Hillyer Lab News
Hillyer Lab News
Article on periostial hemocytes and hemolymph flow is published in Developmental and Comparative Immunology
Monday, February 1, 2016
Mosquitoes have evolved robust innate immune responses that destroy pathogens. These immune responses are primarily driven by hemocytes, which are dedicated immune cells that can be found both circulating with the hemolymph as well as attached to tissues.
Because hemocytes, humoral immune factors and pathogens are present in the hemocoel, their biology is impacted by the circulation of hemolymph. Hemolymph in mosquitoes is propelled via the contractile action of a muscular tube called the dorsal vessel. This dorsal vessel extends the length of the body and is divided into two sections: the aorta in the thorax and the heart in the abdomen. Wave-like contractions of heart muscle propel the hemolymph, and these contractions periodically reverse the direction. When the contractions propagate toward the head (anterograde), hemolymph enters the dorsal vessel through 6 pairs of ostia (valves) that are sequentially located in the anterior portion of abdominal segments 2 through 7, and exits the vessel in the head. When the contractions propagate toward the posterior of the abdomen (retrograde), hemolymph enters the dorsal vessel through a single pair of ostia located at the thoraco-abdominal junction and exits the vessel in the 8th abdominal segment.
Recently we described a novel mosquito cellular immune response that occurs on the surface of the heart. Specifically, in the absence of infection, mosquitoes possess sessile hemocytes that are attached to the heart at the location of the ostia. These periostial hemocytes rapidly phagocytose pathogens that are circulating with the hemolymph, which is advantageous because these immune cells are in the areas of highest hemolymph flow, thus increasing the probability that they will encounter circulating pathogens.
In this study we scrutinized the immune response mounted by the periostial hemocytes of the malaria mosquito, Anopheles gambiae, against multiple bacterial pathogens. We found that:
1.Infection induces the aggregation of hemocytes in the periostial regions of the heart.
2.Periostial hemocyte aggregation is a basal immune response that is activated by diverse stimuli.

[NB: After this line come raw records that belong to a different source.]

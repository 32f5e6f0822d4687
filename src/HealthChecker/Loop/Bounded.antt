-- ===== src/HealthChecker/Loop/Bounded.antt =====
-- Every run of the goroutines once `Stop` has closed the channel.
use corridor.Prelude.{
  ℕ, zero, suc, ◌+◌, ◌*◌, ◌<◌, ◌≤◌, ◌≡◌, refl, ap, ◌∙◌, List, Bool, true, false, arith, eqb,
  eqb_self, Bool-cases, inl, inr, if◌then◌else◌, ◌⊎◌,
}
use corridor.Prelude.Text.{Text}
use corridor.LoadBalancer.Target.{Url}
use corridor.Proxy.{Balancers}
use corridor.HealthChecker.Probe.{Network}
use corridor.HealthChecker.Loop.{
  Phase, entering, waiting, finished, Monitor, System, set_monitor, after_check, finish_monitor,
  Check, first, another, Silent, ticks, leaves, stops, Run, ends, checks, passes,
}
use corridor.HealthChecker.Loop.Stopped.{AllFinished, phase_cases}

-- What a goroutine may still do: its first check, a check for the tick that it has, its return.
abbrev work_of : Phase → Bool → ℕ
work_of entering ticked = if ticked then 3 else 2
work_of waiting ticked = if ticked then 2 else 1
work_of finished ticked = 0

abbrev work : System → ℕ → ℕ
work s k = work_of (s.monitors k).phase (s.monitors k).ticked

abbrev sum_below : (ℕ → ℕ) → ℕ → ℕ
sum_below f zero = 0
sum_below f (suc m) = sum_below f m + f m

sum_below_same :
    (f g : ℕ → ℕ) (m : ℕ) → ((k : ℕ) → k < m → f k ≡ g k) → sum_below f m ≡ sum_below g m
sum_below_same f g zero same = refl
sum_below_same f g (suc m) same =
    let before = sum_below_same f g m (λ k inside. same k (omega arith)) in
    let last = same m (omega arith) in omega arith

-- A sum of which one summand changes.
sum_below_one :
    (f g : ℕ → ℕ) (m j : ℕ)
    → j < m
    → ((k : ℕ) → eqb k j ≡ false → f k ≡ g k)
    → sum_below f m + g j ≡ sum_below g m + f j
sum_below_one f g zero j inside same = absurd (omega arith)
sum_below_one f g (suc m) j inside same = elim (Bool-cases (eqb m j)) [
  | inl last ↦
      let one : m ≡ j = ground arith in
      let before = sum_below_same f g m (λ k below. same k (ground arith)) in
      let mine = ap f one in let its = ap g one in omega arith
  | inr earlier ↦
      let below : j < m = ground arith in
      let before = sum_below_one f g m j below same in let last = same m earlier in omega arith
]

work_of_le : (p : Phase) (b : Bool) → work_of p b ≤ 3
work_of_le entering b = ground arith
work_of_le waiting b = ground arith
work_of_le finished b = omega arith

sum_below_le : (s : System) (m : ℕ) → sum_below (work s) m ≤ 3 * m
sum_below_le s zero = omega arith
sum_below_le s (suc m) =
    let before = sum_below_le s m in
    let last = work_of_le (s.monitors m).phase (s.monitors m).ticked in omega arith

work_ticked : (p : Phase) (b : Bool) → work_of p true ≤ suc (work_of p b)
work_ticked entering b = ground arith
work_ticked waiting b = ground arith
work_ticked finished b = omega arith

work_entering : (b : Bool) → suc (work_of waiting b) ≡ work_of entering b
work_entering true = refl
work_entering false = refl

work_waiting : (b : Bool) → 1 ≤ work_of waiting b
work_waiting b = ground arith

module _ (url_string : Url → Text) (lbs : Balancers) (n : ℕ) where
  -- The steps of the goroutines in a run, and the ticks of their tickers.
  unfoldable pub steps_in :
      (s t : System) (checked : List (ℕ × Network)) → Run url_string lbs n s checked t → ℕ
  steps_in s t checked (ends _) = 0
  steps_in s t checked (checks k net _ mid _ rest step run) = suc (steps_in mid t rest run)
  steps_in s t checked (passes _ mid _ _ (ticks k _ inside) run) = steps_in mid t checked run
  steps_in s t checked (passes _ mid _ _ (leaves k _ inside waits off) run) =
      suc (steps_in mid t checked run)
  steps_in s t checked (passes _ mid _ _ (stops _ on) run) = steps_in mid t checked run

  unfoldable pub ticks_in :
      (s t : System) (checked : List (ℕ × Network)) → Run url_string lbs n s checked t → ℕ
  ticks_in s t checked (ends _) = 0
  ticks_in s t checked (checks k net _ mid _ rest step run) = ticks_in mid t rest run
  ticks_in s t checked (passes _ mid _ _ (ticks k _ inside) run) = suc (ticks_in mid t checked run)
  ticks_in s t checked (passes _ mid _ _ (leaves k _ inside waits off) run) =
      ticks_in mid t checked run
  ticks_in s t checked (passes _ mid _ _ (stops _ on) run) = ticks_in mid t checked run

  set_monitor-work :
      (k : ℕ) (m : Monitor) (s : System)
      → k < n
      → sum_below (work (set_monitor k m s)) n + work s k
        ≡ sum_below (work s) n + work_of m.phase m.ticked
  set_monitor-work k m s inside =
      let t = set_monitor k m s in
      let e = sum_below_one (work t) (work s) n k inside (λ j other. rw other refl) in
      let own : work t k ≡ work_of m.phase m.ticked = rw (eqb_self k) refl in omega arith

  after_check-work :
      (k : ℕ) (net : Network) (b : Bool) (s : System)
      → k < n
      → sum_below (work (after_check url_string lbs net b k s)) n + work s k
        ≡ sum_below (work s) n + work_of waiting b
  after_check-work k net b s inside =
      let t = after_check url_string lbs net b k s in
      let e = sum_below_one (work t) (work s) n k inside (λ j other. rw other refl) in
      let own : work t k ≡ work_of waiting b = rw (eqb_self k) refl in omega arith

  run_bounded :
      (s t : System) (checked : List (ℕ × Network)) (run : Run url_string lbs n s checked t)
      → s.stopped ≡ true
      → steps_in s t checked run + sum_below (work t) n
        ≤ sum_below (work s) n + ticks_in s t checked run
  unfolding steps_in ticks_in
  run_bounded s t checked (ends _) off = omega arith
  run_bounded s t checked (checks k net _ mid _ rest (first _ _ _ inside enters) run) off =
      let later = run_bounded mid t rest run off in
      let b = (s.monitors k).ticked in
      let e = after_check-work k net b s inside in
      let before : work s k ≡ work_of entering b = ap (λ p. work_of p b) enters in
      let less = work_entering b in omega arith
  run_bounded s t checked (checks k net _ mid _ rest (another _ _ _ inside waits ticked) run) off =
      let later = run_bounded mid t rest run off in
      let e = after_check-work k net false s inside in
      let before : work s k ≡ 2 =
        ap (λ p. work_of p (s.monitors k).ticked) waits ∙ ap (work_of waiting) ticked in
      omega arith
  run_bounded s t checked (passes _ mid _ _ (ticks k _ inside) run) off =
      let later = run_bounded mid t checked run off in
      let e = set_monitor-work k (record (s.monitors k) { ticked = true }) s inside in
      let more = work_ticked (s.monitors k).phase (s.monitors k).ticked in omega arith
  run_bounded s t checked (passes _ mid _ _ (leaves k _ inside waits _) run) off =
      let later = run_bounded mid t checked run off in
      let e = set_monitor-work k (record (s.monitors k) { phase = finished }) s inside in
      let before : work s k ≡ work_of waiting (s.monitors k).ticked =
        ap (λ p. work_of p (s.monitors k).ticked) waits in
      let some_left = work_waiting (s.monitors k).ticked in omega arith
  run_bounded s t checked (passes _ mid _ _ (stops _ on) run) off = absurd (cc)

  run_stopped :
      (s t : System) (checked : List (ℕ × Network))
      → Run url_string lbs n s checked t
      → s.stopped ≡ true
      → t.stopped ≡ true
  run_stopped s t checked (ends _) off = off
  run_stopped s t checked (checks k net _ mid _ rest (first _ _ _ i e) run) off =
      run_stopped mid t rest run off
  run_stopped s t checked (checks k net _ mid _ rest (another _ _ _ i e f) run) off =
      run_stopped mid t rest run off
  run_stopped s t checked (passes _ mid _ _ (ticks k _ i) run) off =
      run_stopped mid t checked run off
  run_stopped s t checked (passes _ mid _ _ (leaves k _ i w o) run) off =
      run_stopped mid t checked run off
  run_stopped s t checked (passes _ mid _ _ (stops _ on) run) off =
      run_stopped mid t checked run refl

  -- A goroutine that can make a step of its own: a check, at the given network, or its return.
  abbrev pub CanGoOn : Network → System → Type 0
  CanGoOn net s =
      (k : ℕ) × (k < n)
      × (((u : System) × Check url_string lbs n k net s u)
          ⊎ Silent url_string lbs n s (finish_monitor k s))

  all_or_one :
      (m : ℕ) (net : Network) (s : System)
      → m ≤ n
      → s.stopped ≡ true
      → ((k : ℕ) → k < m → (s.monitors k).phase ≡ finished) ⊎ CanGoOn net s
  all_or_one zero net s room off = inl (λ k none. absurd (omega arith))
  all_or_one (suc m) net s room off = elim (all_or_one m net s (omega arith) off) [
    | inr goes ↦ inr goes
    | inl over ↦ elim (phase_cases url_string lbs n (s.monitors m).phase) [
      | inl enters ↦ inr (m, omega arith, inl (_, first m net s (omega arith) enters))
      | inr (inl waits) ↦ inr (m, omega arith, inr (leaves m s (omega arith) waits off))
      | inr (inr done) ↦ inl (λ k inside. elim (Bool-cases (eqb k m)) [
        | inl last ↦ let one : k ≡ m = ground arith in ap (λ i. (s.monitors i).phase) one ∙ done
        | inr earlier ↦ over k (ground arith)
      ])
    ]
  ]

  -- Once `Stop` has closed the channel, every run of the goroutines, whatever they choose in their
  -- `select`, has at most three steps of each and one more for every tick that comes; and while one
  -- of them has not returned, one can make a step, whatever the network is. So with finitely many
  -- ticks no run goes on for ever, and `Stop`, which waits for all of them, returns.
  pub stop-AllFinished :
      (s t : System) (checked : List (ℕ × Network)) (net : Network)
      (run : Run url_string lbs n s checked t)
      → s.stopped ≡ true
      → (steps_in s t checked run ≤ 3 * n + ticks_in s t checked run)
        × (AllFinished url_string lbs n t ⊎ CanGoOn net t)
  stop-AllFinished s t checked net run off =
      let bounded = run_bounded s t checked run off in
      let most = sum_below_le s n in
      (omega arith, all_or_one n net t (omega arith) (run_stopped s t checked run off))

3.Periostial hemocyte aggregation is dynamic and preferentially occurs in the mid-abdominal segments.
4.Periostial hemocyte aggregation correlates with spatial patterns of immune activity and hemolymph flow.
Article citation:
Sigle, L.T. and J.F. Hillyer. 2016. Mosquito hemocytes preferentially aggregate and phagocytose pathogens in the periostial regions of the heart that experience the most hemolymph flow. Developmental and Comparative Immunology. 55:90-101. (PMID 26526332) (See it in DCI) (Email me for a pdf copy)
Graphical abstract:
Article abstract:
When a mosquito acquires an infection in the hemocoel, dedicated immune cells called hemocytes aggregate around the valves of the heart. These sessile hemocytes are called periostial hemocytes. In the present study we scrutinized the immune response mounted by the periostial hemocytes of the malaria mosquito, Anopheles gambiae, against bacterial pathogens, and tested the relationship between periostial hemocyte aggregation, immune activity, and hemolymph flow. Initially, we quantified the process of periostial hemocyte aggregation and found that hemocytes migrate to the periostial regions in response to infection with Escherichia coli, Staphylococcus aureus, Staphylococcus epidermidis, and Micrococcus luteus (all infections tested). Then, we investigated whether the periostial hemocytes are evenly distributed along the six periostial regions of the heart, and found that they preferentially aggregate in the periostial regions of the mid-abdominal segments (4, 5 and 6). This distribution perfectly correlates with the spatial distribution of phagocytic activity along the surface of the heart, and to a lesser extent, with the distribution of melanin deposits. Finally, experiments measuring circulatory physiology found that the majority of hemolymph enters the heart through the ostia located in the periostial regions of abdominal segments 4, 5, and 6. These data show that periostial hemocytes aggregate on the surface of the heart in response to diverse foreign stimuli, and that both hemocytes and immune activity preferentially occur in the regions that experience the swiftest hemolymph flow. Thus, these data show that two major organ systems – the immune and circulatory systems – interact to control infections.
According to the journal website, Developmental and Comparative Immunology (DCI) is an international journal that publishes articles describing original research in all areas of immunology, including comparative aspects of immunity and the evolution and development of the immune system. Manuscripts describing studies of immune systems.